Thursday, May 26, 2011

Slippin' An'a Slidin'

Wet Willie' Greatest Hits(1971-1978)

 

'Wet Willie' from whence this pack o' southern scragglers derived their name, is a apparently a regional term, referring to an Alabamian practice of sucking on your finger and then shoving it in somebody's ear. It also means that dirty stuff you're thinking right now.

They're real rawhide power swaggerin' son's of 5 bitches, and commence to whoop out some of the hottest, nastiest, most needlin' on the point southern rock ever created.
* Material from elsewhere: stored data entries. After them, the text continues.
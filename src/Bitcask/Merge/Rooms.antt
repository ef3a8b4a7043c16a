-- ===== src/Bitcask/Merge/Rooms.antt =====
-- The logs that merge writes: behind the current one they are empty, and it has room.
use cpp_experiments.Common.{
  ℕ, ◌+◌, ◌≤◌, ◌<◌, ◌≡◌, refl, sym, subst, ◌∙◌, Bool, true, false, some, [], ◌∷◌, arith, leb, ◌==◌,
  if◌then◌else◌, length,
}
use cpp_experiments.Common.Bytes.{Bytes, ◌=ᵇ◌}
use mathlib.Core.Option.{some-injective}
use cpp_experiments.Common.Dict.{Dict, lookup, lookup-insert}
use cpp_experiments.Bitcask.{KeyDirValue, Bitcask, kd, log_size, ensure_log_size, read_value, set}
use cpp_experiments.Bitcask.Merge.{merge_entries}
use cpp_experiments.Bitcask.Lookup.{entry_of, written}

-- The current log has room, those behind it are empty, and no entry is in one of those.
pub record HasRoom (m : Bitcask) : Type 0 where
  pub room : length (m.logs m.curr_id) < log_size
  pub empty : (i : ℕ) → m.curr_id < i → m.logs i ≡ []
  pub behind : (j : Bytes) (w : KeyDirValue) → lookup j m.key_dir ≡ some w → w.id ≤ m.curr_id

ensure-HasRoom :
    (m : Bitcask)
    → ((i : ℕ) → m.curr_id < i → m.logs i ≡ [])
    → ((j : Bytes) (w : KeyDirValue) → lookup j m.key_dir ≡ some w → w.id ≤ m.curr_id)
    → HasRoom (ensure_log_size m)
ensure-HasRoom m empty behind = go (leb log_size (length (m.logs m.curr_id))) refl
  where
    go :
        (t : Bool)
        → leb log_size (length (m.logs m.curr_id)) ≡ t
        → HasRoom (if t then record m { curr_id = m.curr_id + 1 } else m)
    go true h = record {
      room = rw (empty (m.curr_id + 1) (omega arith)) (omega arith);
      empty = λ i k. empty i (omega (arith, k));
      behind = λ j w e. omega (arith, behind j w e);
    }
    go false h = record {
      room = below (length (m.logs m.curr_id)) h;
      empty = empty;
      behind = behind;
    }
      where
        below : (n : ℕ) → leb log_size n ≡ false → n < log_size
        below n e = ground arith

other : (i n : ℕ) → n < i → (i == n) ≡ false
other i n h = ground arith

pub set-HasRoom : (now : ℕ) (k v : Bytes) (m : Bitcask) → HasRoom m → HasRoom (set now k v m)
unfolding set
set-HasRoom now k v m h = ensure-HasRoom (written now k v m) still_empty still_behind
  where
    still_empty : (i : ℕ) → m.curr_id < i → (written now k v m).logs i ≡ []
    still_empty i e = rw (other i m.curr_id e) (h.empty i e)

    still_behind :
        (j : Bytes) (w : KeyDirValue)
        → lookup j (written now k v m).key_dir ≡ some w
        → w.id ≤ m.curr_id
    still_behind j w e =
        from (k =ᵇ j) (sym (lookup-insert k j (kd (entry_of now k v m) m.curr_id) m.key_dir) ∙ e)
      where
        from :
            (t : Bool)
            → (if t then some (kd (entry_of now k v m) m.curr_id) else lookup j m.key_dir) ≡ some w
            → w.id ≤ m.curr_id
        from true q = subst (λ u. u.id ≤ m.curr_id) (some-injective _ _ q) (omega arith)
        from false q = h.behind j w q

-- Loops over the table keep the room, and the entries within the logs.
pub merge_entries-HasRoom :
    (clock : ℕ → ℕ) (old : ℕ → Bytes) (dir : Dict KeyDirValue) (m : Bitcask)
    → HasRoom m
    → HasRoom (merge_entries clock old dir m)
unfolding merge_entries
merge_entries-HasRoom clock old [] m h = h
merge_entries-HasRoom clock old ((k, v) ∷ dir) m h =
    merge_entries-HasRoom clock old dir (set (clock (length dir)) k (read_value v (old v.id)) m)
      (set-HasRoom (clock (length dir)) k (read_value v (old v.id)) m h)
Gotta' say they do the best white rock slash James Brown act since the Yardbirds (disagree? ITS IN THE DAMN MOUTH HARP!). Vocals like Creedence, swag like Little Richard, collective instrumental harmonies like a dirtier grittier version of The Band, but instead of those extended jams the Allman Brothers were renowned for, Wet Willie were closer to the spirit of Booker T & the MG's or perhaps the Mar-Keys, much more steeped in sweaty, good-time R&B than the blues-rock of the Allman's or the likes of the Marshall Tucker Band. Think of what Lynyrd Skynrd would have sounded like if they had one lead guitarist and performed strictly on an all white chitlin' circuit... if such a thing ever existed....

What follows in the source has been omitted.